Le sostanze che possiedono una mesofase liquido-cristallina ottenibile con la sola variazione della temperatura vengono indicate con il termine di c. termotropici. Le soluzioni di sostanze che possiedono una mesofase liquido-cristallina ottenibile anche con la variazione della concentrazione (oltre che della temperatura) vengono indicate con il termine di c. liotropici: tipiche sono le soluzioni acquose di sostanze anfilitiche (per es., i lipidi e i detergenti); anche le soluzioni acquose di acidi nucleici e di polinucleotidi danno luogo a strutture di tipo liotropico. I tre principali tipi di c. termotropici sono i nematici, i colesterici e gli smettici (v. fig.). 

La fase nematica risulta caratterizzata da un ordinamento molecolare di tipo orientazionale a lungo raggio; gli assi lunghi delle molecole, che possono per semplicità pensarsi di forma ellissoidale, tendono a orientarsi parallelamente in una stessa direzione (fig. A), mentre i baricentri risultano distribuiti casualmente, come dimostrato dall’assenza di massimi pronunciati nella figura di diffrazione ai raggi X. La fase colesterica, analogamente a quella nematica, risulta caratterizzata dall’assenza di un ordine a lungo raggio per i baricentri delle molecole mentre esiste un ordinamento orientazionale. 

La fase smettica è invece caratterizzata da una struttura stratificata la cui distanza caratteristica può misurarsi con la diffrazione a raggi X. Esistono vari tipi di c. smettici: nella presente trattazione accenneremo solo a quelli di tipo A, C e B. Nei c. smettici A (fig. C), le molecole, sempre di forma allungata, risultano disposte in strati ortogonali all’asse lungo molecolare. Entro ogni strato, il cui spessore è dell’ordine della lunghezza molecolare, i baricentri delle molecole non mostrano alcun ordinamento a lungo raggio. Negli smettici C, l’ordinamento molecolare mostra una struttura stratificata, nella quale l’asse lungo delle molecole non è normale alla giacitura dei piani (fig. D): l’angolo d’inclinazione degli assi rispetto ai piani può essere funzione della temperatura T. Gli smettici B sono caratterizzati dalla circostanza che entro ogni strato esiste un ordinamento per la disposizione dei baricentri delle molecole: cioè tale fase appare simile a un solido bidimensionale. Strutture lamellari, simili a quelle dei c. smettici, sono comuni in natura, particolarmente nelle membrane di organismi viventi. 

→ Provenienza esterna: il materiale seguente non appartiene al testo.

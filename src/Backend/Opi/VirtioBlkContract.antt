-- ===== src/Backend/Opi/VirtioBlkContract.antt =====
-- What `opiInitiatorVirtioBlk` promises as a backend.
use spdk_csi.Prelude.{◌⊎◌, refl, Bool, true, false, not, inl, inr}
use spdk_csi.Effect.{pure, raise, ignore, Result, good, bad, ◌>>◌}
use spdk_csi.Effect.Triple.{
  Triple, Triple-bind, Triple-attempt, Triple-pure, Triple-raise, Triple-ignore, Triple-weaken,
  Triple-strengthen, Either,
}
use spdk_csi.Target.Nvmf.{Map}
use spdk_csi.Node.Xpu.{ConnectParams}
use spdk_csi.Backend.Contract.{Stages, Contract}
use spdk_csi.Backend.Opi.{Kind, remote_controller, path, virtio_blk, Services}
use spdk_csi.Backend.Opi.Ledger.{Log, recorded, Assumptions, with, without}
use spdk_csi.Backend.Opi.Steps.{Stage, Stage-weaken, nothing}
use spdk_csi.Backend.Opi.Moves.{below→Below, deletion, creation}
use spdk_csi.Backend.Opi.VirtioBlk.{
  OpiVirtioBlk, cleanup, later_steps, connect, disconnect, opi_initiator_virtio_blk,
}
use spdk_csi.Backend.Opi.VirtioBlkSteps.{
  view, create_remote_controller-Triple, create_path-Triple, create_virtio_blk-Triple,
  delete_virtio_blk-Triple, delete_path-Triple, delete_remote_controller-Triple,
}

-- The kinds that this initiator makes.
abbrev pub virtio_blk_kinds : Kind → Bool
virtio_blk_kinds remote_controller = true
virtio_blk_kinds path = true
virtio_blk_kinds virtio_blk = true
virtio_blk_kinds _ = false

abbrev everything : Kind → Bool
everything _ = true

abbrev the_others : Kind → Bool
the_others k = not (virtio_blk_kinds k)

module _ {W : Type 0} where
  -- Nothing is made, all three objects are, or some of them, each under its name.
  abbrev pub Fresh : OpiVirtioBlk (W × Log) → Type 0
  Fresh s = Stage view everything nothing s

  abbrev pub Up : OpiVirtioBlk (W × Log) → Type 0
  Up s = Stage view the_others virtio_blk_kinds s

  abbrev pub Held : OpiVirtioBlk (W × Log) → Type 0
  Held s = Stage view the_others nothing s

abbrev pub virtio_blk_stages : (W Refused : Type 0) → Stages (OpiVirtioBlk (W × Log))
virtio_blk_stages W Refused = record {
  Fresh = Fresh;
  Up = Up;
  Gone = Fresh;
  Held = Held;
  Refused = Refused;
}

module _ {W : Type 0} (services : Services W) (volume_context : Map) (Refused : Type 0)
    (safe : Assumptions services Refused) where
  cleanup-Triple :
      Triple Held
        (cleanup (recorded services) volume_context)
        (λ _ s. Fresh s)
        (λ _ s. Held s × Refused)
  unfolding cleanup
  cleanup-Triple =
      Triple-bind _ _
        (deletion view Refused virtio_blk (λ k e. e)
          (delete_virtio_blk-Triple services volume_context Refused safe))
        λ _.
          Triple-bind _ _
            (deletion view Refused path (below→Below _ _ refl)
              (delete_path-Triple services volume_context Refused safe))
            λ _.
              Triple-strengthen
                (λ _ s. Stage-weaken view (below→Below _ _ refl) (below→Below _ _ refl))
                (deletion view Refused remote_controller (below→Below _ _ refl)
                  (delete_remote_controller-Triple services volume_context Refused safe))

  later_steps-Triple :
      (p : ConnectParams)
      → Triple
          (Stage view (without remote_controller everything) (with remote_controller nothing))
          (later_steps (recorded services) volume_context p)
          (λ _ s. Up s)
          (λ _ s. Held s)
  later_steps-Triple p =
      Triple-bind _ _
        (creation view path (below→Below _ _ refl)
          (create_path-Triple services volume_context Refused safe refl))
        λ _.
          Triple-strengthen (λ _ s. Stage-weaken view (below→Below _ _ refl) (below→Below _ _ refl))
            (creation view virtio_blk (below→Below _ _ refl)
              (create_virtio_blk-Triple services volume_context Refused safe p.pci_endpoint refl))

  -- The end of `Connect`, once the steps have been tried.
  finish-Triple :
      (r : Result Unit)
      → Triple
          (Either (λ _ s. Up {W = W} s) (λ _ s. Held {W = W} s) r)
          (elim r [
            | good _ ↦ pure tt
            | bad e ↦ do ignore (cleanup (recorded services) volume_context); raise e
          ])
          (λ _ s. Up {W = W} s)
          (λ _ s. Held {W = W} s × (Refused ⊎ Fresh s))
  finish-Triple (good _) = Triple-pure tt (λ s h. h)
  finish-Triple (bad e) =
      Triple-bind _ _
        (Triple-ignore _ (
          Triple-strengthen
            (λ _ s h. (Stage-weaken view (below→Below _ _ refl) (below→Below _ _ refl) h, inr h))
            (Triple-weaken (λ _ s h. (h.0, inl h.1)) cleanup-Triple)))
        λ _. Triple-raise e (λ s h. h)

  connect-Triple :
      (p : ConnectParams)
      → Triple Fresh
          (connect (recorded services) volume_context p)
          (λ _ s. Up s)
          (λ _ s. Held s × (Refused ⊎ Fresh s))
  unfolding connect
  connect-Triple p =
      Triple-bind _ _
        (Triple-weaken
          (λ _ s h. (Stage-weaken view (below→Below _ _ refl) (below→Below _ _ refl) h, inr h))
          (create_remote_controller-Triple services volume_context Refused safe refl))
        λ _. Triple-bind _ _ (Triple-attempt _ (later_steps-Triple p)) finish-Triple

  disconnect-Triple :
      Triple Held
        (disconnect (recorded services) volume_context)
        (λ _ s. Fresh s)
        (λ _ s. Held s × Refused)
  unfolding disconnect
  disconnect-Triple = cleanup-Triple

  -- Over an OPI bridge that names every object it makes, opiInitiatorVirtioBlk keeps the contract
  -- of a backend with its three objects: Connect makes all of them or, unless a deletion was
  -- refused, leaves none, and Disconnect removes whatever is left or fails because a deletion was
  -- refused; on every path what the bridge holds is what the initiator names.
  pub opi_initiator_virtio_blk-Contract :
      Contract
        (virtio_blk_stages W Refused)
        (opi_initiator_virtio_blk (recorded services) volume_context)
  opi_initiator_virtio_blk-Contract = record {
    connect_all = connect-Triple;
    disconnect_all = disconnect-Triple;
    Up-Held = λ s. Stage-weaken view (below→Below _ _ refl) (below→Below _ _ refl);
  }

Uno stesso composto, sia termotropico sia liotropico, può possedere diverse fasi liquido-cristalline. Per i c. termotropici, all’aumentare della temperatura si succedono, a partire dal solido cristallino, fasi caratterizzate da un ordine molecolare sempre minore fino a raggiungere la fase di liquido isotropo. L’ordine delle varie trasformazioni risulta dunque definito solo per alcune di esse: la transizione nematico-liquido isotropo è del primo ordine, quella smettico A-nematico può essere anche del secondo ordine, e così pure quella smettico C-smettico A. 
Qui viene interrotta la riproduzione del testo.